### YOUR ASSIGNMENT
Stop after the line with "allow_trade (ema_trend m)"; until then, please copy every line of the records word for word from the first.

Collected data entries
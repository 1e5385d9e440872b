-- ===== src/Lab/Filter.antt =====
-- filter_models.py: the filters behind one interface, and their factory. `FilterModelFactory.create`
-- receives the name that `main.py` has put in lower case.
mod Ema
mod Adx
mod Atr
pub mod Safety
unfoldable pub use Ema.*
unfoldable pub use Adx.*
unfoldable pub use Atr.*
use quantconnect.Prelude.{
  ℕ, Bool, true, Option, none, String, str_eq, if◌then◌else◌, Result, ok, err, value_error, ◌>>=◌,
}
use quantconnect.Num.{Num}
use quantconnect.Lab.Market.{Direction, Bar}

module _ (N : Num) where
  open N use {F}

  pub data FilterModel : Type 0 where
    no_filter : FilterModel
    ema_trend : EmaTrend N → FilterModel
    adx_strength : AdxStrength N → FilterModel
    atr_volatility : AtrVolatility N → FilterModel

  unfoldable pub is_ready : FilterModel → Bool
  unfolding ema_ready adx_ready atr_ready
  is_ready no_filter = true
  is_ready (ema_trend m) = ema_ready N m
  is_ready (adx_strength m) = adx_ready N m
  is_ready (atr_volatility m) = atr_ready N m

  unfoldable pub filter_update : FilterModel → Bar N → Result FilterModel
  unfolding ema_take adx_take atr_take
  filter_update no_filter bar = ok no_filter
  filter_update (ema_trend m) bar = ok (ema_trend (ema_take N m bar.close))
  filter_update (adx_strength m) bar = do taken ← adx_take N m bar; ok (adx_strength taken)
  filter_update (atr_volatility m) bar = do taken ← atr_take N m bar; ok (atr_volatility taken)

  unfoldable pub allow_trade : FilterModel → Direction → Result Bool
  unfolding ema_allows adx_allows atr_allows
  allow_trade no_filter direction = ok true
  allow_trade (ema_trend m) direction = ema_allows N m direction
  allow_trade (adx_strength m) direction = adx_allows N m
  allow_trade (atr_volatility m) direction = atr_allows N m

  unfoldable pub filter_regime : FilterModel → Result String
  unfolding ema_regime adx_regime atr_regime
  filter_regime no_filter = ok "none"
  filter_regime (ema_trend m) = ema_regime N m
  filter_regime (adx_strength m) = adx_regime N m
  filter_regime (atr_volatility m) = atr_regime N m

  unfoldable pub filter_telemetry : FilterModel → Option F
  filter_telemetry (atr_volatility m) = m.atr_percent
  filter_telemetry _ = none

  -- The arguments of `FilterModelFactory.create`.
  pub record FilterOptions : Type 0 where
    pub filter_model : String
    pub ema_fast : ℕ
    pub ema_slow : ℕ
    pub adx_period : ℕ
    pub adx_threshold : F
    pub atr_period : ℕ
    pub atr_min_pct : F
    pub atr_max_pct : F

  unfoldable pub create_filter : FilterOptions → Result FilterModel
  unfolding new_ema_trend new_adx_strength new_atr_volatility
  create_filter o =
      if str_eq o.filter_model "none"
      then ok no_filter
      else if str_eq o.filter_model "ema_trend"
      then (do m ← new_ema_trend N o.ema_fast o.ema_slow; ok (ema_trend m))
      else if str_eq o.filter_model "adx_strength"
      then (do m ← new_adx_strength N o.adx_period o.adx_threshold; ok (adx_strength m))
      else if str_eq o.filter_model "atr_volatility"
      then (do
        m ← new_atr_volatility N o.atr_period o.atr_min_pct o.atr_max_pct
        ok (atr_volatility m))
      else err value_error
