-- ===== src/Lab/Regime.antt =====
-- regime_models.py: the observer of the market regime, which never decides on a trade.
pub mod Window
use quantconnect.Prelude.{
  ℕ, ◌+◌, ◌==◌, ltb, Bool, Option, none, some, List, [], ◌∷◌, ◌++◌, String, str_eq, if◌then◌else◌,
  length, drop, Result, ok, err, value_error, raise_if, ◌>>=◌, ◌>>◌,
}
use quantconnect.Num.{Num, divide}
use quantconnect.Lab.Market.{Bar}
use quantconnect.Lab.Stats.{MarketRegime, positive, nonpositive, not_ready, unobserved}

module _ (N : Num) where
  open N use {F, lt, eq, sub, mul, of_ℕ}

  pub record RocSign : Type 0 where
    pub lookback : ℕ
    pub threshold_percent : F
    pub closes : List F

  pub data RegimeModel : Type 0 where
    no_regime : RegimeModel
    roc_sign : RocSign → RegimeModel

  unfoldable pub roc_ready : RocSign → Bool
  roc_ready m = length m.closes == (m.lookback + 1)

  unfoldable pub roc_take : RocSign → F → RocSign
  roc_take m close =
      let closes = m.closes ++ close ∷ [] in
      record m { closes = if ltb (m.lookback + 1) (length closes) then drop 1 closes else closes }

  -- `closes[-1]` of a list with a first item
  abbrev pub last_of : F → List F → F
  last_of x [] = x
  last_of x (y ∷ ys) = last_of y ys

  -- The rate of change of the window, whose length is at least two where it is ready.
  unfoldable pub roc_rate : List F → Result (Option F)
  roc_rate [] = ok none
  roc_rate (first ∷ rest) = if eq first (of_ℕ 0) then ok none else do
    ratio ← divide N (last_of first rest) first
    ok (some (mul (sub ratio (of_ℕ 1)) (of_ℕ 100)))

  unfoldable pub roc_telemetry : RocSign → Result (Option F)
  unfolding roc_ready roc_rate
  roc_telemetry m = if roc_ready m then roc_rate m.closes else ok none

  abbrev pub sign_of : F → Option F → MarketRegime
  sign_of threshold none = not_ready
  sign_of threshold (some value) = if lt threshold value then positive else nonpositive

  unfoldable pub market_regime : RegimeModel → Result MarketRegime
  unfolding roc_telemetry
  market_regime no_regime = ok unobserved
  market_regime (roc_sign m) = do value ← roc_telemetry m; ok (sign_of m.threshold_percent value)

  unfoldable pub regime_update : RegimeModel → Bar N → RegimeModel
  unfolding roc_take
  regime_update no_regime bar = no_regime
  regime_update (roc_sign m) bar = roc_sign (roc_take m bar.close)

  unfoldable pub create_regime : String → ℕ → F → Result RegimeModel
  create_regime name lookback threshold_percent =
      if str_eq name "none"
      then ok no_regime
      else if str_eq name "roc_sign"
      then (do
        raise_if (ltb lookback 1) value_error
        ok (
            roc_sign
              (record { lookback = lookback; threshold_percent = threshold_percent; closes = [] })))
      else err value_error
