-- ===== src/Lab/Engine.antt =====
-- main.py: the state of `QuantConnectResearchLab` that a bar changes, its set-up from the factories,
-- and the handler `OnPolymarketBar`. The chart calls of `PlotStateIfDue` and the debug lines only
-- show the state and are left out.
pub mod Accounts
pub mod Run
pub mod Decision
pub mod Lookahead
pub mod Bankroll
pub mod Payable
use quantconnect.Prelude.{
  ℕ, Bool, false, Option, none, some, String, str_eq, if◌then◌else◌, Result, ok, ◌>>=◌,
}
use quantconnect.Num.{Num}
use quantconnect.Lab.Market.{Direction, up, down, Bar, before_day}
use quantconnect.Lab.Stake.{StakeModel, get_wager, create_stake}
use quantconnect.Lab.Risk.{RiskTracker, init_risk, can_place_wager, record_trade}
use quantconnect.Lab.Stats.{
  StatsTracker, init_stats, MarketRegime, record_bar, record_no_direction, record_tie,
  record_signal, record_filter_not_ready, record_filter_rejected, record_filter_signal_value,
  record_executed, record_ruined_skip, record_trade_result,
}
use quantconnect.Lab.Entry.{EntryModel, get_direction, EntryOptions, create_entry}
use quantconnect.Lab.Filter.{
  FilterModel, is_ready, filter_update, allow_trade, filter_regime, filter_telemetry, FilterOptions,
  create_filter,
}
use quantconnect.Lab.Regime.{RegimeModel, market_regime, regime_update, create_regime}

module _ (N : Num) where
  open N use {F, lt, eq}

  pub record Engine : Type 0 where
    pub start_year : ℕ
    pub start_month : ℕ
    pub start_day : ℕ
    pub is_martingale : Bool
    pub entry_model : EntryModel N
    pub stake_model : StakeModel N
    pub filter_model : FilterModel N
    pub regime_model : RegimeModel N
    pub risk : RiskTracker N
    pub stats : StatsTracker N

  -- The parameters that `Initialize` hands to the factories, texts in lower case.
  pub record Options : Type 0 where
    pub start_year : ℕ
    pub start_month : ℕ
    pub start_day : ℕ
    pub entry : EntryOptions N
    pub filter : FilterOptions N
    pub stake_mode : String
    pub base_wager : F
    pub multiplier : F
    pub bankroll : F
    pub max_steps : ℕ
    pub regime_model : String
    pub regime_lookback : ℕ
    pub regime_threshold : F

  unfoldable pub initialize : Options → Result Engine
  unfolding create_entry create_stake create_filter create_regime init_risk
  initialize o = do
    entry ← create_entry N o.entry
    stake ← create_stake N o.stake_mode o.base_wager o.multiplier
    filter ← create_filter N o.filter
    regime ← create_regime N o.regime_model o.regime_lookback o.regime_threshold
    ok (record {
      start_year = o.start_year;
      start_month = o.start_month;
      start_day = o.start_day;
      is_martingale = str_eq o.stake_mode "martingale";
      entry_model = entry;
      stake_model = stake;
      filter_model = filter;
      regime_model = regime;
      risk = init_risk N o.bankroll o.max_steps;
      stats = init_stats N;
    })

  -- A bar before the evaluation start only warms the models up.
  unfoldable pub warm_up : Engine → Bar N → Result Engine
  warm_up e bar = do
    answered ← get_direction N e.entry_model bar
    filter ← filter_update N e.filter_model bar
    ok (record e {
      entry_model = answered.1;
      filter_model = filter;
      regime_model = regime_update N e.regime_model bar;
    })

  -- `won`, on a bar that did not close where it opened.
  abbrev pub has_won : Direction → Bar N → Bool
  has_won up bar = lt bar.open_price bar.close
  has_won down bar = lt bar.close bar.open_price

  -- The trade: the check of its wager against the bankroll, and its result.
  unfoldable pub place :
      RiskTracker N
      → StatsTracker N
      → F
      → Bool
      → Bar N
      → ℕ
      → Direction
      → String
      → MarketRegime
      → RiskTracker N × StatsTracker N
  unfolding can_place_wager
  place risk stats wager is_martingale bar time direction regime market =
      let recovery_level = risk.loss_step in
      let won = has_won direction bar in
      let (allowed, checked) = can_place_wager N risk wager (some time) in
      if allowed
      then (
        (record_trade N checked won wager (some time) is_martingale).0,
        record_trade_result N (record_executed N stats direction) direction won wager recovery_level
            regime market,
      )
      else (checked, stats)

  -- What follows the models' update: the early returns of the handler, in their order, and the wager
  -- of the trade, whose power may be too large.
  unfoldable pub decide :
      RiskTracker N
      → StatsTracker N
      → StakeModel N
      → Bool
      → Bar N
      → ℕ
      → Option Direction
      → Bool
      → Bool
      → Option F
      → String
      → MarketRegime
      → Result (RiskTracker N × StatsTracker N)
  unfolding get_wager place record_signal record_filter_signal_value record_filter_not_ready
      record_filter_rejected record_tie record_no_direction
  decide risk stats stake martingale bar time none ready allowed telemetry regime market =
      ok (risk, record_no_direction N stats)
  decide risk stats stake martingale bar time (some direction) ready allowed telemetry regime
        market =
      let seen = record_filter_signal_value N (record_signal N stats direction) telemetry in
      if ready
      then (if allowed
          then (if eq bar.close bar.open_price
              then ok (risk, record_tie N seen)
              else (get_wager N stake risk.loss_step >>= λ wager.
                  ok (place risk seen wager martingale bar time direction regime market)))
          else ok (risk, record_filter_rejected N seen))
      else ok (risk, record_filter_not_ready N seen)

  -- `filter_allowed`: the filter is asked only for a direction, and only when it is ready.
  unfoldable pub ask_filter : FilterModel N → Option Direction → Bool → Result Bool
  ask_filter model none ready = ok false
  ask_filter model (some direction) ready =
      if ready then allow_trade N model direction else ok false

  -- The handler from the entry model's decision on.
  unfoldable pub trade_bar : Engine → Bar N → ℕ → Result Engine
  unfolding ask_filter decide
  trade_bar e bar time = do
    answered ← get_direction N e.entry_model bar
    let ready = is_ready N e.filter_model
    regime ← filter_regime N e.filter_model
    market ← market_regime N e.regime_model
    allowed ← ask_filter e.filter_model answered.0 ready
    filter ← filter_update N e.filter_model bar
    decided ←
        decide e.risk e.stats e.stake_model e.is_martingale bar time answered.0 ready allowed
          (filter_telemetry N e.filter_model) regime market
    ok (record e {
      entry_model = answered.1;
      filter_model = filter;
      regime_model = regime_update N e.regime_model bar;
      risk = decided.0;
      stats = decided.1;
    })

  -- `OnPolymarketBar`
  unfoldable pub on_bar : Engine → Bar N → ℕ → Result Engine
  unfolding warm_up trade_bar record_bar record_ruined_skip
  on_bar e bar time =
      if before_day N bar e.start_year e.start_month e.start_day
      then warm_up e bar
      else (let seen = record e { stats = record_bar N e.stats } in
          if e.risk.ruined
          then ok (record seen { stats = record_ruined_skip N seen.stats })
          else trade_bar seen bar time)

### EXERCISE SOLUTION
repository 1e5385d9e440872b
-- ===== src/Lab/Filter.antt =====
-- filter_models.py: the filters behind one interface, and their factory. `FilterModelFactory.create`
-- receives the name that `main.py` has put in lower case.
mod Ema
mod Adx
mod Atr
pub mod Safety
unfoldable pub use Ema.*
unfoldable pub use Adx.*
unfoldable pub use Atr.*
use quantconnect.Prelude.{
  ℕ, Bool, true, Option, none, String, str_eq, if◌then◌else◌, Result, ok, err, value_error, ◌>>=◌,
}
use quantconnect.Num.{Num}
use quantconnect.Lab.Market.{Direction, Bar}

module _ (N : Num) where
  open N use {F}

  pub data FilterModel : Type 0 where
    no_filter : FilterModel
    ema_trend : EmaTrend N → FilterModel
    adx_strength : AdxStrength N → FilterModel
    atr_volatility : AtrVolatility N → FilterModel

  unfoldable pub is_ready : FilterModel → Bool
  unfolding ema_ready adx_ready atr_ready
  is_ready no_filter = true
  is_ready (ema_trend m) = ema_ready N m
  is_ready (adx_strength m) = adx_ready N m
  is_ready (atr_volatility m) = atr_ready N m

  unfoldable pub filter_update : FilterModel → Bar N → Result FilterModel
  unfolding ema_take adx_take atr_take
  filter_update no_filter bar = ok no_filter
  filter_update (ema_trend m) bar = ok (ema_trend (ema_take N m bar.close))
  filter_update (adx_strength m) bar = do taken ← adx_take N m bar; ok (adx_strength taken)
  filter_update (atr_volatility m) bar = do taken ← atr_take N m bar; ok (atr_volatility taken)

  unfoldable pub allow_trade : FilterModel → Direction → Result Bool
  unfolding ema_allows adx_allows atr_allows
  allow_trade no_filter direction = ok true
  allow_trade (ema_trend m) direction = ema_allows N m direction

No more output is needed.